[Task data Boundary: Start]
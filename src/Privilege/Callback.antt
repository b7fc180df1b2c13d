-- ===== src/Privilege/Callback.antt =====
-- `riscv_generic_csr_callback` of sandbox/csr_representation.c. The magic word of the hart, which
-- nothing changes, is not in the model. `none` is an assertion that fails, or a panic.
use hyrule.Prelude.{ℕ, ◌-◌, ◌^◌, bit_and, bit_or, ◌||◌, Option, none, some}
use hyrule.Prelude.{◌==◌, if◌then◌else◌}
use hyrule.Cache.Memory.{store}
use hyrule.Privilege.{PrivilegedHart}
use hyrule.Privilege.Csr.{CsrEntry}
use hyrule.Translate.Block.{Decoding, encoding_type_i}
use hyrule.Translate.Decode.{instruction_decoding_per_type}

-- `csr->read`, 0 where that is a null pointer, under the mask.
unfoldable pub value_to_read : CsrEntry → PrivilegedHart → PrivilegedHart × ℕ
value_to_read csr h = elim csr.read [
  | none ↦ (h, bit_and 0 csr.wpri_mask)
  | some read ↦ (let (next, value) = read h in (next, bit_and value csr.wpri_mask))
]

unfoldable pub csr_write : CsrEntry → PrivilegedHart → ℕ → PrivilegedHart
csr_write csr h value = elim csr.write [ none ↦ h | some write ↦ write h value ]

abbrev pub with_register : ℕ → PrivilegedHart → ℕ → PrivilegedHart
with_register rd_index h value = record h { registers = store h.registers rd_index value }

unfoldable pub csrrw_case : CsrEntry → PrivilegedHart → Decoding → PrivilegedHart
csrrw_case csr h dec =
    let rs1_reg = h.registers dec.rs1_index in
    let value_to_write =
      bit_and (if dec.funct3 == 1 then rs1_reg else dec.rs1_index) csr.wpri_mask in
    let (next, value) = value_to_read csr h in
    if dec.rd_index == 0
    then csr_write csr h value_to_write
    else csr_write csr (with_register dec.rd_index next value) value_to_write

unfoldable pub csrrs_case : CsrEntry → PrivilegedHart → Decoding → PrivilegedHart
csrrs_case csr h dec =
    let value_to_set =
      if dec.funct3 == 2 then h.registers dec.rs1_index else bit_and dec.rs1_index 0x1f in
    let (next, value) = value_to_read csr h in
    let done = with_register dec.rd_index next value in
    if dec.rs1_index == 0
    then done
    else csr_write csr done (bit_and (bit_or value value_to_set) csr.wpri_mask)

-- `~value` of 32 bits is 2^32 - 1 - value.
unfoldable pub csrrc_case : CsrEntry → PrivilegedHart → Decoding → PrivilegedHart
csrrc_case csr h dec =
    let value_to_clear =
      if dec.funct3 == 3 then h.registers dec.rs1_index else bit_and dec.rs1_index 0x1f in
    let (next, value) = value_to_read csr h in
    let done = with_register dec.rd_index next value in
    if dec.rs1_index == 0
    then done
    else csr_write csr done (bit_and (bit_and value (2 ^ 32 - 1 - value_to_clear)) csr.wpri_mask)

unfoldable pub csr_case : CsrEntry → PrivilegedHart → Decoding → Option PrivilegedHart
csr_case csr h dec =
    if dec.funct3 == 1 || dec.funct3 == 5
    then some (csrrw_case csr h dec)
    else (if dec.funct3 == 2 || dec.funct3 == 6
        then some (csrrs_case csr h dec)
        else (if dec.funct3 == 3 || dec.funct3 == 7 then some (csrrc_case csr h dec) else none))

-- `csrs_base` has no valid entry where it is `none`.
unfoldable pub riscv_generic_csr_callback :
    (ℕ → Option CsrEntry) → PrivilegedHart → ℕ → Option PrivilegedHart
riscv_generic_csr_callback csrs_base h instruction =
    let dec = instruction_decoding_per_type encoding_type_i instruction in
    if bit_and instruction 0x7f == 0x73
    then (elim (csrs_base (bit_and dec.imm 0xfff)) [ none ↦ none | some csr ↦ csr_case csr h dec ])
    else none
[Task data Boundary: End]
• **Work to complete**: Reproduce all the records. Keep them exact, please.

• **Solution**:
filename src/Privilege/Callback.antt
repository b7fc180df1b2c13d
-- ===== src/Privilege/Callback.antt =====
-- `riscv_generic_csr_callback` of sandbox/csr_representation.c. The magic word of the hart, which
-- nothing changes, is not in the model. `none` is an assertion that fails, or a panic.
use hyrule.Prelude.{ℕ, ◌-◌, ◌^◌, bit_and, bit_or, ◌||◌, Option, none, some}
use hyrule.Prelude.{◌==◌, if◌then◌else◌}
use hyrule.Cache.Memory.{store}
use hyrule.Privilege.{PrivilegedHart}
use hyrule.Privilege.Csr.{CsrEntry}
use hyrule.Translate.Block.{Decoding, encoding_type_i}
use hyrule.Translate.Decode.{instruction_decoding_per_type}

-- `csr->read`, 0 where that is a null pointer, under the mask.
unfoldable pub value_to_read : CsrEntry → PrivilegedHart → PrivilegedHart × ℕ
value_to_read csr h = elim csr.read [
  | none ↦ (h, bit_and 0 csr.wpri_mask)
  | some read ↦ (let (next, value) = read h in (next, bit_and value csr.wpri_mask))
]

unfoldable pub csr_write : CsrEntry → PrivilegedHart → ℕ → PrivilegedHart
csr_write csr h value = elim csr.write [ none ↦ h | some write ↦ write h value ]

abbrev pub with_register : ℕ → PrivilegedHart → ℕ → PrivilegedHart
with_register rd_index h value = record h { registers = store h.registers rd_index value }

unfoldable pub csrrw_case : CsrEntry → PrivilegedHart → Decoding → PrivilegedHart
csrrw_case csr h dec =
    let rs1_reg = h.registers dec.rs1_index in
    let value_to_write =
      bit_and (if dec.funct3 == 1 then rs1_reg else dec.rs1_index) csr.wpri_mask in
    let (next, value) = value_to_read csr h in
    if dec.rd_index == 0
    then csr_write csr h value_to_write
    else csr_write csr (with_register dec.rd_index next value) value_to_write

unfoldable pub csrrs_case : CsrEntry → PrivilegedHart → Decoding → PrivilegedHart
csrrs_case csr h dec =
    let value_to_set =
      if dec.funct3 == 2 then h.registers dec.rs1_index else bit_and dec.rs1_index 0x1f in
    let (next, value) = value_to_read csr h in
    let done = with_register dec.rd_index next value in
    if dec.rs1_index == 0
    then done
    else csr_write csr done (bit_and (bit_or value value_to_set) csr.wpri_mask)

-- `~value` of 32 bits is 2^32 - 1 - value.
unfoldable pub csrrc_case : CsrEntry → PrivilegedHart → Decoding → PrivilegedHart
csrrc_case csr h dec =
    let value_to_clear =
      if dec.funct3 == 3 then h.registers dec.rs1_index else bit_and dec.rs1_index 0x1f in
    let (next, value) = value_to_read csr h in
    let done = with_register dec.rd_index next value in
    if dec.rs1_index == 0
    then done
    else csr_write csr done (bit_and (bit_and value (2 ^ 32 - 1 - value_to_clear)) csr.wpri_mask)

unfoldable pub csr_case : CsrEntry → PrivilegedHart → Decoding → Option PrivilegedHart
csr_case csr h dec =
    if dec.funct3 == 1 || dec.funct3 == 5
    then some (csrrw_case csr h dec)
    else (if dec.funct3 == 2 || dec.funct3 == 6
        then some (csrrs_case csr h dec)
        else (if dec.funct3 == 3 || dec.funct3 == 7 then some (csrrc_case csr h dec) else none))

-- `csrs_base` has no valid entry where it is `none`.
unfoldable pub riscv_generic_csr_callback :
    (ℕ → Option CsrEntry) → PrivilegedHart → ℕ → Option PrivilegedHart
riscv_generic_csr_callback csrs_base h instruction =
    let dec = instruction_decoding_per_type encoding_type_i instruction in
    if bit_and instruction 0x7f == 0x73
    then (elim (csrs_base (bit_and dec.imm 0xfff)) [ none ↦ none | some csr ↦ csr_case csr h dec ])
    else none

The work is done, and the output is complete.